Personal loans are an affordable way to borrow money but can involve some risks if not used correctly. If you’ve used a loan payment calculator to run the numbers and see if they fit with your budget, you are already on the right track, but there are a few other factors to consider to ensure that a personal loan is the right option for you.
Not Being Able To Meet The Monthly Repayment
The purpose of a personal loan is to provide a way to borrow money that has a regular and manageable repayment. When applying for a loan via a reputable financial institution or bank, they will often have you talk to a loan specialist to run through all of your options on repayment terms to find the best solution for you.

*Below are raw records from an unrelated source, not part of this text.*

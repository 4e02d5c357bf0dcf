-- ===== src/Shared/Geo.antt =====
-- Flat-earth geometry: shared/lib/geo.ts, and `nearestTo` of modes/meri/lib/geo.ts.
pub mod Nearest
mod Tests
use fintraffic.Base.{ℕ, ◌*◌, List, map, take}
use fintraffic.Base.Number.{Number, decimal}
use fintraffic.Shared.Sort.{sort}

pub record LatLng (A : Type 0) : Type 0 where
  pub lat : A
  pub lng : A

-- The functions of `Math` that the geometry uses.
pub record Trig (A : Type 0) : Type 0 where
  pub pi : A
  pub cos : A → A
  pub sin : A → A
  pub sqrt : A → A

module _ {A : Type 0} (n : Number A) (trig : Trig A) where
  open n use {of_ℕ, add, sub, mul, div}
  open trig use {pi, cos, sin, sqrt}

  abbrev pub earth_radius_m : A
  earth_radius_m = of_ℕ 6_371_000

  abbrev pub knots_to_ms : A
  knots_to_ms = decimal n 514_444 1_000_000

  abbrev pub deg : A
  deg = div pi (of_ℕ 180)

  unfoldable pub dead_reckon : A → A → A → A → A → LatLng A
  dead_reckon lat lng speed_knots course_deg dt_seconds =
      let dist = mul (mul speed_knots knots_to_ms) dt_seconds in
      let bearing = mul course_deg deg in
      let d_lat = div (div (mul dist (cos bearing)) earth_radius_m) deg in
      let d_lng = div (div (mul dist (sin bearing)) (mul earth_radius_m (cos (mul lat deg)))) deg in
      record { lat = add lat d_lat; lng = add lng d_lng }

  unfoldable pub distance_km : LatLng A → LatLng A → A
  distance_km a b =
      let mean_lat = mul (div (add a.lat b.lat) (of_ℕ 2)) deg in
      let dx = mul (sub a.lng b.lng) (cos mean_lat) in
      let dy = sub a.lat b.lat in
      div (mul (mul (sqrt (add (mul dx dx) (mul dy dy))) deg) earth_radius_m) (of_ℕ 1000)

  -- An item and its distance.
  abbrev pub Ranked : Type 0 → Type 0
  Ranked T = T × A

  unfoldable pub nearest_to :
      {T : Type 0} → (T → LatLng A) → LatLng A → List T → ℕ → List (Ranked T)
  unfolding sort distance_km
  nearest_to place center items count =
      take count
        (sort (λ a b. n.le a.1 b.1) (map (λ item. (item, distance_km center (place item))) items))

If you ever find that the numbers presented to you feel too high and that you may struggle to afford them, you should consider borrowing less or step away from the application process and look at options from another lender.
Taking On Too Much Debt
Personal loans can be taken out for a variety of reasons, but most often, they are used to fund significant life events or cover unexpected expenses such as:
- Paying for a wedding
- Consolidating existing debt
- Paying for medical bills
- Funding urgent home repairs or renovations
These events and expenses can have varying price tags attached to them, but it’s important only to borrow what you need. You should use a personal loan to solve an issue you are facing, not to fund a lifestyle above your means. For example, if you are using it to consolidate debt, you would borrow the amount needed to clear those credit cards and, once they are paid off, close the credit card accounts so that more debt can’t be run up. If you use it to pay for a wedding, make sure you have a budget in mind and have already researched wedding costs. Don’t borrow up to the full amount offered and then plan a wedding to use up that total sum of money.
Hurting Your Future Borrowing Ability
While consistent timely repayments on a personal loan can help improve your credit score, having too much outstanding debt relative to your income can affect your future chances of borrowing. This is known as your Debt To Income ratio, and it’s what a lender will look at during your application process for any future borrowing. For example, if you take out a big loan to pay for your wedding and then want to look at buying a home with your new spouse, it may be that your debt to income ratio is too high to qualify for a mortgage. And of course, late payments and missed payments on the loan can hurt your credit history—so finding an affordable payment is key.
The Bottom Line
As long as it is done via a reputable financial institution and you are going into it knowing what you need to borrow, taking out a personal loan can be a low-risk form of financing.
While lenders have a responsibility to offer affordable and sensible lending; the main onus falls on you to only borrow what you need to and what you can comfortably afford to pay back.